The APFC IC pin names and their basic function Fig14A :

Pin #1 INV: Inverting input of the error amplifier. The data that rides the output voltage of the APFC per-regulator is applied to this pin through an external resistor-divider network mainly comprising of SMD resistors or a resistor network IC chip.

Pin #2 COMP: This is the output of the error amplifier. There's a compensation network (comprising of SMD components) that's placed between this pin and the INV (pin #1) so that the voltage control loop is stabilized and guarantee high power factor and very low total-harmonic-distortion (THD)

Pin #3 MULT: This is the main input to the multiplier function. This pin is tied to the rectified ac mains voltage by a resistor divider and produces the sinewave reference to the current loop.

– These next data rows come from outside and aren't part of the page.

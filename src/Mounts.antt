-- ===== src/Mounts.antt =====
-- The classes on one device: the mount functions of Class/MSC/usbd_msc.c, Class/CDC/usbd_cdc.c,
-- Class/CDC/usbd_ncm.c, Class/HID/usbd_hid.c and Class/DFU/usbd_dfu.c, called one after the other.
use usbdevice.Base.{
  ℕ, ◌+◌, ◌≤◌, ◌<◌, ◌≡◌, refl, arith, Bool, true, false, ltb, if◌then◌else◌, List, [], ◌∷◌, ltb→lt,
  ◌∙◌,
}
use usbdevice.Device.{ReturnType, EndPointType, type_bulk, type_interrupt, Platform, Device}
use usbdevice.Endpoint.{ep_addr2ref}
use usbdevice.Bulk.{data_packet_size, bind_ep, bind_bulk, mount_at}
use usbdevice.Msc.{Msc, MscCtx}
use usbdevice.Msc.Mount as Storage
use usbdevice.Cdc.{Cdc, CdcCtx, CdcOptions, CdcApp, has_notep, not_packet_size}
use usbdevice.Cdc.Mount as Serial
use usbdevice.Hid.{Hid, HidCtx, HidOptions, HidApp, has_out, limit_to}
use usbdevice.Hid.Mount as Human
use usbdevice.Dfu.{Dfu, Ctx}
use usbdevice.Dfu.Stages as Firmware
use usbdevice.Ncm.{Ncm, NcmCtx, NcmOptions, NcmApp}
use usbdevice.Ncm.Stages as Network

-- An interface handle that is to be mounted.
pub data Part : Type 0 where
  storage_part : Msc → Part
  serial_part : CdcOptions → CdcApp → Cdc → Part
  human_part : HidOptions → HidApp → (ℕ → ℕ) → Hid → Part
  network_part : NcmOptions → NcmApp → Ncm → Part
  firmware_part reboot_part : Dfu → Part

-- The places of `IF` are in range, and every endpoint belongs to one of them.
pub record IsMounted (p : Platform) (d : Device) : Type 0 where
  pub count_le : d.if_count ≤ p.max_if_count
  pub in_lt : (n : ℕ) → (d.ep_in n).if_num < p.max_if_count
  pub out_lt : (n : ℕ) → (d.ep_out n).if_num < p.max_if_count

-- What holds in both branches of a test.
branches :
    {A : Type 0} (P : A → Type 0) (b : Bool) (x y : A)
    → (b ≡ true → P x)
    → P y
    → P (if b then x else y)
branches P true x y f g = f refl
branches P false x y f g = g

module _ (p : Platform) where
  unfoldable pub mount_part : Part → Device → Device
  mount_part (storage_part i) d = (Storage.mount_interface p (record { itf = i; dev = d })).1.dev
  mount_part (serial_part o app i) d =
      (Serial.mount_interface p o app (record { itf = i; dev = d })).1.dev
  mount_part (human_part o app ram i) d =
      (Human.mount_interface p o app (record { itf = i; dev = d; ram = ram })).1.dev
  mount_part (network_part o app i) d =
      (Network.mount_interface p o app (record { itf = i; dev = d })).1.dev
  mount_part (firmware_part i) d = (Firmware.mount_interface p (record { itf = i; dev = d })).1.dev
  mount_part (reboot_part i) d = (Firmware.mount_reboot_only p (record { itf = i; dev = d })).1.dev

  unfoldable pub mount_all : List Part → Device → Device
  mount_all [] d = d
  mount_all (x ∷ xs) d = mount_all xs (mount_part x d)

  bind-IsMounted :
      (t : EndPointType) (mps a : ℕ) (d : Device)
      → d.if_count < p.max_if_count
      → IsMounted p d
      → IsMounted p (bind_ep t mps a d) × ((bind_ep t mps a d).if_count ≡ d.if_count)
  unfolding ep_addr2ref
  bind-IsMounted t mps a d h m = (
    record {
      count_le = ground arith;
      in_lt = λ n. ground (arith, m.in_lt n);
      out_lt = λ n. ground (arith, m.out_lt n);
    },
    ground arith,
  )

  place-IsMounted :
      (r : ℕ) (d : Device)
      → d.if_count < p.max_if_count
      → p.max_if_count < 256
      → IsMounted p d
      → IsMounted p (mount_at r d) × ((mount_at r d).if_count ≡ d.if_count + 1)
  place-IsMounted r d h b m =
      (record { count_le = omega arith; in_lt = m.in_lt; out_lt = m.out_lt }, omega arith)

  -- Endpoints that are bound one after the other, to the place that is next.
  data_bound :
      (i o : ℕ) (d : Device)
      → d.if_count < p.max_if_count
      → IsMounted p d
      → let v = bind_bulk p o (bind_bulk p i d) in IsMounted p v × (v.if_count ≡ d.if_count)
  data_bound i o d h m =
      let (m1, c1) = bind-IsMounted type_bulk (data_packet_size p) i d h m in
      let (m2, c2) =
        bind-IsMounted type_bulk (data_packet_size p) o (bind_bulk p i d) (omega (arith, c1, h))
          m1 in
      (m2, c2 ∙ c1)

  optional_bound :
      (b : Bool) (t : EndPointType) (mps a : ℕ) (d : Device)
      → d.if_count < p.max_if_count
      → IsMounted p d
      → let v = if b then bind_ep t mps a d else d in IsMounted p v × (v.if_count ≡ d.if_count)
  optional_bound true t mps a d h m = bind-IsMounted t mps a d h m
  optional_bound false t mps a d h m = (m, refl)

  module _ (small : p.max_if_count < 256) where
    place_bound :
        (r n : ℕ) (d : Device)
        → n < p.max_if_count
        → IsMounted p d × (d.if_count ≡ n)
        → IsMounted p (mount_at r d) × ((mount_at r d).if_count ≡ n + 1)
    place_bound r n d h (m, e) =
        let (k, f) = place-IsMounted r d (omega (arith, h, e)) small m in (k, omega (arith, f, e))

    storage-IsMounted :
        (i : Msc) (d : Device) → IsMounted p d → IsMounted p (mount_part (storage_part i) d)
    unfolding mount_part Storage.mount_interface
    storage-IsMounted i d m =
        branches (λ (v : ReturnType × MscCtx). IsMounted p v.1.dev) (ltb d.if_count p.max_if_count)
          _ _
          (λ h.
            (place_bound i.self d.if_count _ (ltb→lt _ _ h)
              (data_bound i.in_ep_num i.out_ep_num d (ltb→lt _ _ h) m)).0)
          m

    firmware-IsMounted :
        (i : Dfu) (d : Device) → IsMounted p d → IsMounted p (mount_part (firmware_part i) d)
    unfolding mount_part Firmware.mount_interface
    firmware-IsMounted i d m =
        branches (λ (v : ReturnType × Ctx). IsMounted p v.1.dev) (ltb d.if_count p.max_if_count) _ _
          (λ h. (place_bound i.self d.if_count d (ltb→lt _ _ h) (m, refl)).0) m

    reboot-IsMounted :
        (i : Dfu) (d : Device) → IsMounted p d → IsMounted p (mount_part (reboot_part i) d)
    unfolding mount_part Firmware.mount_reboot_only
    reboot-IsMounted i d m =
        branches (λ (v : ReturnType × Ctx). IsMounted p v.1.dev) (ltb d.if_count p.max_if_count) _ _
          (λ h. firmware-IsMounted _ d m) m

    network-IsMounted :
        (o : NcmOptions) (app : NcmApp) (i : Ncm) (d : Device)
        → IsMounted p d
        → IsMounted p (mount_part (network_part o app i) d)
    unfolding mount_part Network.mount_interface
    network-IsMounted o app i d m =
        branches (λ (v : ReturnType × NcmCtx). IsMounted p v.1.dev)
          (ltb (d.if_count + 1) p.max_if_count) _ _
          (λ h.
            let below = ltb→lt _ _ h in
            let (m1, c1) =
              bind-IsMounted type_interrupt Network.not_packet_size i.not_ep_num d
                (omega (arith, below)) m in
            let (m2, c2) = data_bound i.in_ep_num i.out_ep_num _ (omega (arith, c1, below)) m1 in
            (place_bound i.self (d.if_count + 1) _ below
              (place_bound i.self d.if_count _ (omega (arith, below)) (m2, c2 ∙ c1))).0)
          m

    human-IsMounted :
        (o : HidOptions) (app : HidApp) (ram : ℕ → ℕ) (i : Hid) (d : Device)
        → IsMounted p d
        → IsMounted p (mount_part (human_part o app ram i) d)
    unfolding mount_part Human.mount_interface
    human-IsMounted o app ram i d m =
        let size = λ (n : ℕ). limit_to (if p.hs_support then 1024 else 64) n in
        let in_bound =
          λ (x : Device). bind_ep type_interrupt (size app.report.input_max_size) i.in_ep_num x in
        branches (λ (v : ReturnType × HidCtx). IsMounted p v.1.dev) (ltb d.if_count p.max_if_count)
          _ _
          (λ h.
            let below = ltb→lt _ _ h in
            let (m1, c1) =
              bind-IsMounted type_interrupt (size app.report.input_max_size) i.in_ep_num d below
                m in
            let (m2, c2) =
              optional_bound (has_out p o app i) type_interrupt (size app.report.output_max_size)
                i.out_ep_num (in_bound d) (omega (arith, c1, below)) m1 in
            (place_bound i.self d.if_count _ below (m2, c2 ∙ c1)).0)
          m

    serial-IsMounted :
        (o : CdcOptions) (app : CdcApp) (i : Cdc) (d : Device)
        → IsMounted p d
        → IsMounted p (mount_part (serial_part o app i) d)
    unfolding mount_part Serial.mount_interface
    serial-IsMounted o app i d m =
        branches (λ (v : ReturnType × CdcCtx). IsMounted p v.1.dev)
          (ltb (d.if_count + 1) p.max_if_count) _ _
          (λ h.
            let below = ltb→lt _ _ h in
            let (m1, c1) =
              optional_bound (has_notep p o app i) type_interrupt not_packet_size i.not_ep_num d
                (omega (arith, below)) m in
            let (m2, c2) = data_bound i.in_ep_num i.out_ep_num _ (omega (arith, c1, below)) m1 in
            (place_bound i.self (d.if_count + 1) _ below
              (place_bound i.self d.if_count _ (omega (arith, below)) (m2, c2 ∙ c1))).0)
          m

    -- Interfaces of the five classes, of the upgrade also in its runtime form that only reboots, are mounted
    -- in any order and number, whether they find a place or not: the number of places stays within
    -- the array, and every endpoint belongs to one of its places. (For an array of fewer than 256 places,
    -- and a device whose places and endpoints are so at the start.)
    pub mount_all-IsMounted :
        (xs : List Part) (d : Device) → IsMounted p d → IsMounted p (mount_all xs d)
    unfolding mount_all
    mount_all-IsMounted [] d m = m
    mount_all-IsMounted (storage_part i ∷ xs) d m =
        mount_all-IsMounted xs _ (storage-IsMounted i d m)
    mount_all-IsMounted (serial_part o app i ∷ xs) d m =
        mount_all-IsMounted xs _ (serial-IsMounted o app i d m)
    mount_all-IsMounted (human_part o app ram i ∷ xs) d m =
        mount_all-IsMounted xs _ (human-IsMounted o app ram i d m)
    mount_all-IsMounted (network_part o app i ∷ xs) d m =
        mount_all-IsMounted xs _ (network-IsMounted o app i d m)
    mount_all-IsMounted (reboot_part i ∷ xs) d m = mount_all-IsMounted xs _ (reboot-IsMounted i d m)
    mount_all-IsMounted (firmware_part i ∷ xs) d m =
        mount_all-IsMounted xs _ (firmware-IsMounted i d m)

Pin #4 CS: This is the input to the APFC IC's internal PWM comparator. The current flowing into the buck/boost FET is sensed through a resistor. The final voltage is applied to this pin and then compared with an internal sinusoidal shaped reference signal generated by the APFC IC's internal multiplier function. This is to determine the buck/boost FET's turn-off time. As stated in previous pages most APFC IC's have an internal PWM function.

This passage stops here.